Quickstart Guide Part 5: Places¶
In Part 4, you explored some of the properties that are defined for the agents in the Epistemix synthetic population. The synthetic population also includes a set of realistic geographic places that define the environment in which agents interact. In this lesson, you will explore a simple model that has agents report where they live and work. You will then visualize these places on a map using the folium Python package.
By the end of this lesson, you will be able to: 1. Describe some of the different types of places are included in the Epistemix synthetic population. 2. Make use of agents' membership in a particular place to access properties of that place. 3. Use the latitude and longitude functions in the FRED modeling language to extract the geolocations of households, workplaces, and other places. 4. Use the folium Python package to make an interactive map of agent households and workplaces.
Let's begin by loading the Python packages you will need to run this simulation and examine the outputs:
import folium
import pandas as pd
import time
# Epistemix package for managing simulations and simulation results in Python
from epx import Job, ModelConfig, SynthPop
5.1 Places in FRED¶
In the simulations you have run so far in this Quickstart Guide, you have already encountered one set of geographic places that define the simulation environment - the county or counties that are specified when configuring a model.
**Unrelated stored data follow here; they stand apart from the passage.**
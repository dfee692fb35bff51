-- ===== src/Prelude/Texts.antt =====
-- Python strings as lists of code points, compared and cut.
use Prim.Native.Nat.{ℕ, zero, suc}
use Prim.Native.Char.{code}
use Prim.Native.String.{String}
use mathlib.Core.Path.{◌≡◌, refl}
use mathlib.Core.Bool.{Bool, true, false, ◌&&◌}
use mathlib.Core.List.{List, [], ◌∷◌}
use native.Mathlib.Omega.{arith}
use boardtrace.Prelude.Tests.{◌==◌, leb}
use boardtrace.Prelude.Lists.{length, take}

abbrev pub Text : Type 0
Text = List ℕ

abbrev pub codes : String → Text
codes String.[] = []
codes (String.◌∷◌ c s) = code c ∷ codes s

unfoldable pub text_eq : Text → Text → Bool
text_eq [] [] = true
text_eq [] (y ∷ ys) = false
text_eq (x ∷ xs) [] = false
text_eq (x ∷ xs) (y ∷ ys) = x == y && text_eq xs ys

pub text_eq_refl : (s : Text) → text_eq s s ≡ true
unfolding text_eq
text_eq_refl [] = refl
text_eq_refl (x ∷ xs) = ground (arith, text_eq_refl xs)

pub eq_of_text_eq : (s t : Text) → text_eq s t ≡ true → s ≡ t
unfolding text_eq
eq_of_text_eq [] [] h = refl
eq_of_text_eq [] (y ∷ ys) h = cc
eq_of_text_eq (x ∷ xs) [] h = cc
eq_of_text_eq (x ∷ xs) (y ∷ ys) h = ground (arith, eq_of_text_eq xs ys)

-- Cutting a text leaves it as it is exactly when it is no longer than the cut.
pub take-text_eq : (n : ℕ) (w : Text) → text_eq (take n w) w ≡ leb (length w) n
unfolding text_eq take
take-text_eq zero [] = refl
take-text_eq zero (x ∷ w) = ground arith
take-text_eq (suc n) [] = ground arith
take-text_eq (suc n) (x ∷ w) = ground (arith, take-text_eq n w)
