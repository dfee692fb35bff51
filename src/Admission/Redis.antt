-- ===== src/Admission/Redis.antt =====
-- The data types of Redis that the admission scripts use: sets and hashes of numbers, and sorted
-- sets as lists of members with their scores, in the order of the scores.
use boardtrace.Prelude.{
  leb, ◌==◌, if◌then◌else◌, is_some, length, ℕ, suc, ◌+◌, ◌≤◌, ◌<◌, ◌≡◌, refl, ◌≢◌, Bool, true,
  false, ◌||◌, Option, none, some, List, [], ◌∷◌, arith,
}

-- SISMEMBER
unfoldable pub mem : ℕ → List ℕ → Bool
mem k [] = false
mem k (x ∷ xs) = x == k || mem k xs

-- SADD
unfoldable pub sadd : ℕ → List ℕ → List ℕ
unfolding mem
sadd k xs = if mem k xs then xs else k ∷ xs

-- SREM
unfoldable pub srem : ℕ → List ℕ → List ℕ
srem k [] = []
srem k (x ∷ xs) = let rest = srem k xs in if x == k then rest else x ∷ rest

abbrev pub Hash : Type 0
Hash = List (ℕ × ℕ)

-- HGET, and ZSCORE on a sorted set
unfoldable pub hget : ℕ → Hash → Option ℕ
hget k [] = none
hget k ((j, v) ∷ m) = if j == k then some v else hget k m

-- HSET
unfoldable pub hset : ℕ → ℕ → Hash → Hash
hset k v [] = (k, v) ∷ []
hset k v ((j, w) ∷ m) = let rest = hset k v m in if j == k then (k, v) ∷ m else (j, w) ∷ rest

-- HDEL, and ZREM on a sorted set
unfoldable pub hdel : ℕ → Hash → Hash
hdel k [] = []
hdel k ((j, w) ∷ m) = let rest = hdel k m in if j == k then rest else (j, w) ∷ rest

unfoldable pub insert_scored : ℕ → ℕ → Hash → Hash
insert_scored k s [] = (k, s) ∷ []
insert_scored k s ((j, t) ∷ z) =
    let rest = insert_scored k s z in if leb t s then (j, t) ∷ rest else (k, s) ∷ (j, t) ∷ z

-- ZADD
unfoldable pub zadd : ℕ → ℕ → Hash → Hash
unfolding insert_scored hdel
zadd k s z = insert_scored k s (hdel k z)

abbrev pub next_rank : Option ℕ → Option ℕ
next_rank none = none
next_rank (some r) = some (suc r)

-- ZRANK, from zero
unfoldable pub zrank : ℕ → Hash → Option ℕ
zrank k [] = none
zrank k ((j, _) ∷ z) = let rest = zrank k z in if j == k then some 0 else next_rank rest

-- ZRANGE 0 -1
abbrev pub members : Hash → List ℕ
members [] = []
members ((j, _) ∷ z) = j ∷ members z

-- The first key with the given value, in a loop over HGETALL.
unfoldable pub key_of : ℕ → Hash → Option ℕ
key_of v [] = none
key_of v ((j, w) ∷ m) = if w == v then some j else key_of v m

pub mem-srem : (j k : ℕ) (xs : List ℕ) → mem j (srem k xs) ≡ (if k == j then false else mem j xs)
unfolding mem srem
mem-srem j k [] = ground arith
mem-srem j k (x ∷ xs) = ground (arith, mem-srem j k xs)

pub mem-sadd : (j k : ℕ) (xs : List ℕ) → mem j (sadd k xs) ≡ (if k == j then true else mem j xs)
unfolding sadd
mem-sadd j k xs = ground arith

pub hget-hset : (j k v : ℕ) (m : Hash) → hget j (hset k v m) ≡ (if k == j then some v else hget j m)
unfolding hget hset
hget-hset j k v [] = refl
hget-hset j k v ((i, w) ∷ m) = ground (arith, hget-hset j k v m)

pub hget-hdel : (j k : ℕ) (m : Hash) → hget j (hdel k m) ≡ (if k == j then none else hget j m)
unfolding hget hdel
hget-hdel j k [] = ground arith
hget-hdel j k ((i, w) ∷ m) = ground (arith, hget-hdel j k m)

pub hget-insert_scored :
    (j k s : ℕ) (z : Hash)
    → hget k z ≡ none
    → hget j (insert_scored k s z) ≡ (if k == j then some s else hget j z)
unfolding hget insert_scored
hget-insert_scored j k s [] h = refl
hget-insert_scored j k s ((i, t) ∷ z) h = ground (arith, hget-insert_scored j k s z)

pub hget-zadd : (j k s : ℕ) (z : Hash) → hget j (zadd k s z) ≡ (if k == j then some s else hget j z)
unfolding zadd
hget-zadd j k s z =
    ground (arith, hget-insert_scored j k s (hdel k z), hget-hdel k k z, hget-hdel j k z)

-- Sets and hashes as Redis keeps them hold no member and no key twice.
abbrev pub Distinct : List ℕ → Type 0
Distinct [] = Unit
Distinct (x ∷ xs) = (mem x xs ≡ false) × Distinct xs

abbrev pub DistinctKeys : Hash → Type 0
DistinctKeys [] = Unit
DistinctKeys ((k, _) ∷ m) = (hget k m ≡ none) × DistinctKeys m

pub srem-Distinct : (k : ℕ) (xs : List ℕ) → Distinct xs → Distinct (srem k xs)
unfolding mem srem
srem-Distinct k [] d = tt
srem-Distinct k (x ∷ xs) d = ground (arith, srem-Distinct k xs d.1, mem-srem x k xs)

pub sadd-Distinct : (k : ℕ) (xs : List ℕ) → Distinct xs → Distinct (sadd k xs)
unfolding mem sadd
sadd-Distinct k xs d = ground arith

srem-absent : (k : ℕ) (xs : List ℕ) → mem k xs ≡ false → srem k xs ≡ xs
unfolding mem srem
srem-absent k [] h = refl
srem-absent k (x ∷ xs) h = ground (arith, srem-absent k xs)

pub length-srem :
    (k : ℕ) (xs : List ℕ) → Distinct xs → mem k xs ≡ true → length (srem k xs) + 1 ≡ length xs
unfolding mem srem
length-srem k [] d h = cc
length-srem k (x ∷ xs) d h = ground (arith, length-srem k xs d.1, srem-absent k xs)

pub length-sadd : (k : ℕ) (xs : List ℕ) → mem k xs ≡ false → length (sadd k xs) ≡ length xs + 1
unfolding sadd
length-sadd k xs h = ground arith

pub hset-DistinctKeys : (k v : ℕ) (m : Hash) → DistinctKeys m → DistinctKeys (hset k v m)
unfolding hget hset
hset-DistinctKeys k v [] d = (refl, tt)
hset-DistinctKeys k v ((j, w) ∷ m) d =
    ground (arith, hset-DistinctKeys k v m d.1, hget-hset j k v m)

pub hdel-DistinctKeys : (k : ℕ) (m : Hash) → DistinctKeys m → DistinctKeys (hdel k m)
unfolding hget hdel
hdel-DistinctKeys k [] d = tt
hdel-DistinctKeys k ((j, w) ∷ m) d = ground (arith, hdel-DistinctKeys k m d.1, hget-hdel j k m)

pub length-hdel : (k : ℕ) (m : Hash) → length (hdel k m) ≤ length m
unfolding hdel
length-hdel k [] = omega arith
length-hdel k ((j, w) ∷ m) = ground (arith, length-hdel k m)

length-insert_scored : (k s : ℕ) (z : Hash) → length (insert_scored k s z) ≡ length z + 1
unfolding insert_scored
length-insert_scored k s [] = omega arith
length-insert_scored k s ((j, t) ∷ z) = ground (arith, length-insert_scored k s z)

pub length-zadd : (k s : ℕ) (z : Hash) → length (zadd k s z) ≤ length z + 1
unfolding zadd
length-zadd k s z = omega (arith, length-insert_scored k s (hdel k z), length-hdel k z)

-- The key that the loop finds is a key of that value.
pub hget-key_of : (v k : ℕ) (m : Hash) → DistinctKeys m → key_of v m ≡ some k → hget k m ≡ some v
unfolding hget key_of
hget-key_of v k [] d h = cc
hget-key_of v k ((j, w) ∷ m) d h = ground (arith, hget-key_of v k m d.1)

-- A value that some key has is found.
pub key_of-some : (v k : ℕ) (m : Hash) → hget k m ≡ some v → key_of v m ≢ none
unfolding hget key_of
key_of-some v k [] h = cc
key_of-some v k ((j, w) ∷ m) h = ground (arith, key_of-some v k m)

pub members-nil : (z : Hash) → members z ≡ [] → z ≡ []
members-nil [] e = refl
members-nil ((j, s) ∷ z) e = cc

pub members-cons :
    (j : ℕ) (js : List ℕ) (z : Hash)
    → members z ≡ j ∷ js
    → (is_some (hget j z) ≡ true) × (0 < length z)
unfolding hget
members-cons j js [] e = cc
members-cons j js ((i, s) ∷ z) e = ground arith

zrank-some : (k : ℕ) (z : Hash) → is_some (zrank k z) ≡ is_some (hget k z)
unfolding zrank hget
zrank-some k [] = refl
zrank-some k ((j, s) ∷ z) = ground (arith, zrank-some k z)

-- A member that was just added has a rank.
pub zrank-zadd : (k s : ℕ) (z : Hash) → is_some (zrank k (zadd k s z)) ≡ true
zrank-zadd k s z = ground (arith, zrank-some k (zadd k s z), hget-zadd k k s z)
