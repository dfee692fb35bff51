-- ===== src/Admission/Scripts.antt =====
-- The Lua scripts and the methods of class RedisQueueAdmission
-- (apps/api/src/boardtrace_api/queue_admission.py). Each script is one atomic step on the keys of
-- the admission state; jobs and users are identified by numbers, times are epoch seconds. A Redis
-- that cannot be reached raises before the script and leaves the state as it is.
use boardtrace.Prelude.{
  ltb, leb, ◌==◌, if◌then◌else◌, is_some, is_none, length, ℕ, zero, suc, ◌+◌, Bool, true, false,
  not, Option, none, some, List, [], ◌∷◌,
}
use boardtrace.Admission.Redis.{
  mem, sadd, srem, Hash, hget, hset, hdel, zadd, zrank, members, key_of,
}

pub data AdmissionOutcome : Type 0 where
  active waiting consent_required user_busy queue_full terminal : AdmissionOutcome

pub record QueueAdmission : Type 0 where
  pub outcome : AdmissionOutcome
  pub position : Option ℕ
  pub deadline_at : Option ℕ

-- The six keys of the namespace. `extended` holds 0 or 1.
pub record Keys : Type 0 where
  pub running : List ℕ
  pub queue : Hash
  pub users : Hash
  pub deadlines : Hash
  pub extended : Hash
  pub sequence : ℕ

abbrev pub max_active : ℕ
max_active = 2

abbrev pub max_waiting : ℕ
max_waiting = 3

abbrev pub wait_seconds : ℕ
wait_seconds = 180

-- `int(text) or None`
abbrev pub or_none : ℕ → Option ℕ
or_none zero = none
or_none (suc n) = some (suc n)

-- `tostring(ZRANK + 1)`: the rank of a member that is in the set.
abbrev pub place : Option ℕ → ℕ
place none = 0
place (some r) = r + 1

abbrev decision : AdmissionOutcome → QueueAdmission
decision o = record { outcome = o; position = none; deadline_at = none }

unfoldable pub activate : ℕ → ℕ → Keys → Keys
activate job user s = record s { running = sadd job s.running; users = hset user job s.users }

unfoldable pub enqueue : ℕ → ℕ → ℕ → Keys → Keys
enqueue job user now s = record s {
  queue = zadd job (s.sequence + 1) s.queue;
  users = hset user job s.users;
  deadlines = hset job (now + wait_seconds) s.deadlines;
  extended = hset job 0 s.extended;
  sequence = s.sequence + 1;
}

-- `_ADMIT`
unfoldable pub admit : ℕ → ℕ → Bool → ℕ → Keys → QueueAdmission × Keys
admit job user consent now s =
    if is_some (hget user s.users)
    then (decision user_busy, s)
    else if ltb (length s.running) max_active
    then (decision active, activate job user s)
    else if not consent
    then (decision consent_required, s)
    else if leb max_waiting (length s.queue)
    then (decision queue_full, s)
    else let s' = enqueue job user now s in
      (
        record {
          outcome = waiting;
          position = or_none (place (zrank job s'.queue));
          deadline_at = or_none (now + wait_seconds);
        },
        s',
      )

-- `HGET … or '0'`
abbrev pub or_zero : Option ℕ → ℕ
or_zero none = 0
or_zero (some n) = n

-- `_STATE`
unfoldable pub state : ℕ → Keys → Option QueueAdmission
state job s = if mem job s.running then some (decision active) else elim (zrank job s.queue) [
  | none ↦ none
  | some r ↦ some (record {
    outcome = waiting;
    position = or_none (r + 1);
    deadline_at = or_none (or_zero (hget job s.deadlines));
  })
]

abbrev pub is_value : ℕ → Option ℕ → Bool
is_value v none = false
is_value v (some w) = w == v

-- `_CANCEL`
unfoldable pub cancel_waiting : ℕ → ℕ → Keys → Bool × Keys
cancel_waiting job user s =
    if not (is_value job (hget user s.users))
    then (false, s)
    else if is_none (hget job s.queue)
    then (false, s)
    else (
      true,
      record s {
        queue = hdel job s.queue;
        users = hdel user s.users;
        deadlines = hdel job s.deadlines;
        extended = hdel job s.extended;
      },
    )

-- `_EXTEND`
unfoldable pub extend_wait : ℕ → ℕ → Keys → Bool × Keys
extend_wait job now s =
    if is_none (hget job s.queue)
    then (false, s)
    else if not (is_value 0 (hget job s.extended))
    then (false, s)
    else elim (hget job s.deadlines) [
      | none ↦ (false, s)
      | some deadline ↦ if ltb deadline now then (false, s) else (
        true,
        record s {
          deadlines = hset job (deadline + wait_seconds) s.deadlines;
          extended = hset job 1 s.extended;
        },
      )
    ]

unfoldable pub drop_user : ℕ → Hash → Hash
drop_user job users = elim (key_of job users) [ none ↦ users | some u ↦ hdel u users ]

unfoldable pub is_overdue : Option ℕ → ℕ → Bool
is_overdue none now = false
is_overdue (some deadline) now = leb deadline now

unfoldable pub expire_one : ℕ → Keys → Keys
expire_one job s = record s {
  queue = hdel job s.queue;
  users = drop_user job s.users;
  deadlines = hdel job s.deadlines;
  extended = hdel job s.extended;
}

-- The loop of `_SWEEP` over the jobs that were waiting when it began.
unfoldable pub sweep : List ℕ → ℕ → Keys → List ℕ × Keys
sweep [] now s = ([], s)
sweep (job ∷ jobs) now s =
    let due = is_overdue (hget job s.deadlines) now in
    let (expired, s') = sweep jobs now (if due then expire_one job s else s) in
    (if due then job ∷ expired else expired, s')

-- `_SWEEP`
unfoldable pub expire_waiting : ℕ → Keys → List ℕ × Keys
expire_waiting now s = sweep (members s.queue) now s

unfoldable pub promote : ℕ → Keys → Keys
promote job s = record s {
  queue = hdel job s.queue;
  running = sadd job s.running;
  deadlines = hdel job s.deadlines;
  extended = hdel job s.extended;
}

unfoldable pub release : ℕ → Keys → Option ℕ × Keys
release user s =
    let s' : Keys = record s { users = hdel user s.users } in
    elim (members s.queue) [ [] ↦ (none, s') | job ∷ _ ↦ (some job, promote job s') ]

-- `_COMPLETE`
unfoldable pub complete_active : ℕ → ℕ → Keys → Option ℕ × Keys
complete_active job user s =
    if not (mem job s.running)
    then (none, s)
    else let s' : Keys = record s { running = srem job s.running } in
      if not (is_value job (hget user s.users)) then (none, s') else release user s'

-- `clear`
unfoldable pub empty : Keys
empty = record { running = []; queue = []; users = []; deadlines = []; extended = []; sequence = 0 }
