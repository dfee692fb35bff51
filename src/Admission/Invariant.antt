-- ===== src/Admission/Invariant.antt =====
-- What every script keeps of the admission state. Whose job a job is never changes, and a script
-- is called for a job with its owner's name, as the endpoints and the worker do.
use boardtrace.Prelude.{is_some, length, ℕ, ◌≤◌, ◌<◌, ◌≡◌, refl, ◌⊎◌, true, none, some, arith}
use boardtrace.Admission.Redis.{mem, hget, Distinct, DistinctKeys}
use boardtrace.Admission.Scripts.{Keys, max_active, max_waiting, empty}

module _ (owner : ℕ → ℕ) where
  pub record IsConsistent (s : Keys) : Type 0 where
    pub running_fits : length s.running ≤ max_active
    pub queue_fits : length s.queue ≤ max_waiting
    pub running_distinct : Distinct s.running
    pub users_distinct : DistinctKeys s.users
    pub running_owned : (j : ℕ) → mem j s.running ≡ true → hget (owner j) s.users ≡ some j
    pub queue_owned : (j : ℕ) → is_some (hget j s.queue) ≡ true → hget (owner j) s.users ≡ some j
    pub users_placed :
        (u j : ℕ)
        → hget u s.users ≡ some j
        → (owner j ≡ u) × ((mem j s.running ≡ true) ⊎ (is_some (hget j s.queue) ≡ true))
    pub apart : (j : ℕ) → mem j s.running ≡ true → hget j s.queue ≡ none
    pub deadlines_match : (j : ℕ) → is_some (hget j s.deadlines) ≡ is_some (hget j s.queue)
    pub extended_match : (j : ℕ) → is_some (hget j s.extended) ≡ is_some (hget j s.queue)
    pub busy : 0 < length s.queue → length s.running ≡ max_active

  pub empty-IsConsistent : IsConsistent empty
  unfolding empty mem hget
  empty-IsConsistent = record {
    running_fits = omega arith;
    queue_fits = omega arith;
    running_distinct = tt;
    users_distinct = tt;
    running_owned = λ j h. cc;
    queue_owned = λ j h. cc;
    users_placed = λ u j h. cc;
    apart = λ j h. cc;
    deadlines_match = λ j. refl;
    extended_match = λ j. refl;
    busy = λ h. omega arith;
  }
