-- ===== src/Js/Laws.antt =====
-- The laws of property access, spread and `shallowEqual`.
use papercrate.Base.{
  ◌≤◌, ◌<◌, suc, Bool-cases, inl, inr, ◌≡◌, String, arith, eq_iff, eq_refl, false, if◌then◌else◌,
  List, [], ◌∷◌, refl, true, ◌==◌, ◌||◌, ◌∙◌,
}
use papercrate.Js.{
  count_keys, agrees, shallow_equal, Value, Fields, undefined, null, boolean, number, text, array,
  object, end, field, object_is, get, has_own, assign, spread, texts, from_texts,
}

pub get-assign :
    (k j : String) (v : Value) (f : Fields) → get j (assign k v f) ≡ (if k == j then v else get j f)
unfolding get assign
get-assign k j v end = refl
get-assign k j v (field i w f) =
    ground (arith, eq_iff k j, eq_iff i k, eq_iff i j, get-assign k j v f)

pub has_own-assign :
    (k j : String) (v : Value) (f : Fields) → has_own j (assign k v f) ≡ (k == j || has_own j f)
unfolding has_own assign
has_own-assign k j v end = refl
has_own-assign k j v (field i w f) =
    ground (arith, eq_iff k j, eq_iff i k, eq_iff i j, has_own-assign k j v f)

pub has_own-spread :
    (j : String) (a b : Fields) → has_own j (spread a b) ≡ (has_own j a || has_own j b)
unfolding has_own spread
has_own-spread j a end = ground arith
has_own-spread j a (field k v f) =
    has_own-spread j (assign k v a) f ∙ ground (arith, has_own-assign k j v a)

-- An object's keys are single.
abbrev pub IsObject : Fields → Type 0
IsObject end = Unit
IsObject (field k v f) = (has_own k f ≡ false) × IsObject f

pub assign-IsObject : (k : String) (v : Value) (f : Fields) → IsObject f → IsObject (assign k v f)
unfolding assign has_own
assign-IsObject k v end h = ground arith
assign-IsObject k v (field j w f) h =
    ground (arith, eq_iff j k, eq_iff k j, has_own-assign k j v f, assign-IsObject k v f)

pub spread-IsObject : (a b : Fields) → IsObject a → IsObject (spread a b)
unfolding spread
spread-IsObject a end h = h
spread-IsObject a (field k v f) h = spread-IsObject (assign k v a) f (assign-IsObject k v a h)

pub get_missing : (k : String) (f : Fields) → has_own k f ≡ false → get k f ≡ undefined
unfolding get has_own
get_missing k end h = refl
get_missing k (field j v f) h = ground (arith, get_missing k f)

pub has_own_of_get : (k s : String) (f : Fields) → get k f ≡ text s → has_own k f ≡ true
unfolding get has_own
has_own_of_get k s end h = cc
has_own_of_get k s (field j v f) h = ground (arith, has_own_of_get k s f)

-- The right object's properties win, the left one's others stay.
pub get-spread :
    (k : String) (a b : Fields)
    → IsObject b
    → get k (spread a b) ≡ (if has_own k b then get k b else get k a)
unfolding spread get has_own
get-spread k a end h = refl
get-spread k a (field j v f) h =
    get-spread k (assign j v a) f h.1 ∙ ground (arith, get-assign j k v a, eq_iff j k)

pub object_is_refl : (v : Value) → object_is v v ≡ true
unfolding object_is
object_is_refl undefined = refl
object_is_refl null = refl
object_is_refl (boolean true) = refl
object_is_refl (boolean false) = refl
object_is_refl (number n) = ground arith
object_is_refl (text s) = eq_refl s
object_is_refl (array i xs) = ground arith
object_is_refl (object i f) = ground arith

pub texts-from_texts : (ss : List String) → texts (from_texts ss) ≡ ss
unfolding texts from_texts
texts-from_texts [] = refl
texts-from_texts (s ∷ ss) = cc (texts-from_texts ss)

count_keys-assign :
    (k : String) (v : Value) (f : Fields)
    → count_keys (assign k v f) ≡ (if has_own k f then count_keys f else suc (count_keys f))
unfolding count_keys assign has_own
count_keys-assign k v end = refl
count_keys-assign k v (field j w f) = ground (arith, eq_iff j k, count_keys-assign k v f)

pub count_keys-spread : (a b : Fields) → count_keys a ≤ count_keys (spread a b)
unfolding spread
count_keys-spread a end = omega arith
count_keys-spread a (field k v f) =
    ground (arith, count_keys-spread (assign k v a) f, count_keys-assign k v a)

-- A property that is new to the left object makes the result larger.
pub count_keys-spread_new :
    (k : String) (a b : Fields)
    → has_own k b ≡ true
    → has_own k a ≡ false
    → count_keys a < count_keys (spread a b)
unfolding spread has_own
count_keys-spread_new k a end h n = cc
count_keys-spread_new k a (field j v f) h n = ground (
  arith,
  eq_iff j k,
  count_keys-spread (assign j v a) f,
  count_keys-assign j v a,
  has_own-assign j k v a,
  count_keys-spread_new k (assign j v a) f,
)

agrees-get :
    (k : String) (a b : Fields)
    → agrees a b ≡ true
    → has_own k a ≡ true
    → object_is (get k a) (get k b) ≡ true
unfolding agrees has_own get
agrees-get k end b h o = cc
agrees-get k (field j v f) b h o = ground (arith, eq_iff j k, agrees-get k f b)

-- `shallowEqual` of an object and of a copy that was spread over finds no property of the copied
-- one that is new or another.
pub shallow_equal-spread :
    (k : String) (a b : Fields)
    → shallow_equal a (spread a b) ≡ true
    → has_own k b ≡ true
    → IsObject b
    → object_is (get k a) (get k b) ≡ true
unfolding shallow_equal
shallow_equal-spread k a b h o n = elim (Bool-cases (has_own k a)) [
  | inl old ↦
      let e = agrees-get k a (spread a b) (ground arith) old in
      let g : get k (spread a b) ≡ get k b = get-spread k a b n ∙ rw o in rw g at e
  | inr new ↦ absurd (ground (arith, count_keys-spread_new k a b))
]

-- A copy `{ ...f }` reads as `f`.
pub copy-get : (k : String) (f : Fields) → IsObject f → get k (spread end f) ≡ get k f
copy-get k f h = elim (Bool-cases (has_own k f)) [
  | inl own ↦ get-spread k end f h ∙ rw own
  | inr not_own ↦ get-spread k end f h ∙ rw (not_own, get_missing k f not_own) (unfold get in refl)
]

-- Spreading over the object itself or over a changed copy reads as the right one, where the right
-- one has what the left one has or reads alike there.
pub get-spread_same :
    (k : String) (a b : Fields)
    → IsObject b
    → (has_own k b ≡ false → get k a ≡ get k b)
    → get k (spread a b) ≡ get k b
get-spread_same k a b h e = elim (Bool-cases (has_own k b)) [
  | inl own ↦ get-spread k a b h ∙ rw own
  | inr not_own ↦ get-spread k a b h ∙ rw not_own (e not_own)
]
Loving County, TX is one such place; the full Epistemix synthetic population includes all counties within the United States by default. Simulations can also be run for specific Metropolitan Statistical Areas (MSAs) or for entire states.
A second set of places, corresponding to households, workplaces, schools, and more, is also included in the synthetic population. These places are a statistical representation of the real-world sites where humans live and work, and they are defined by a geographic position.
Each place is identified by a unique place ID and has associated properties, including a latitude and a longitude.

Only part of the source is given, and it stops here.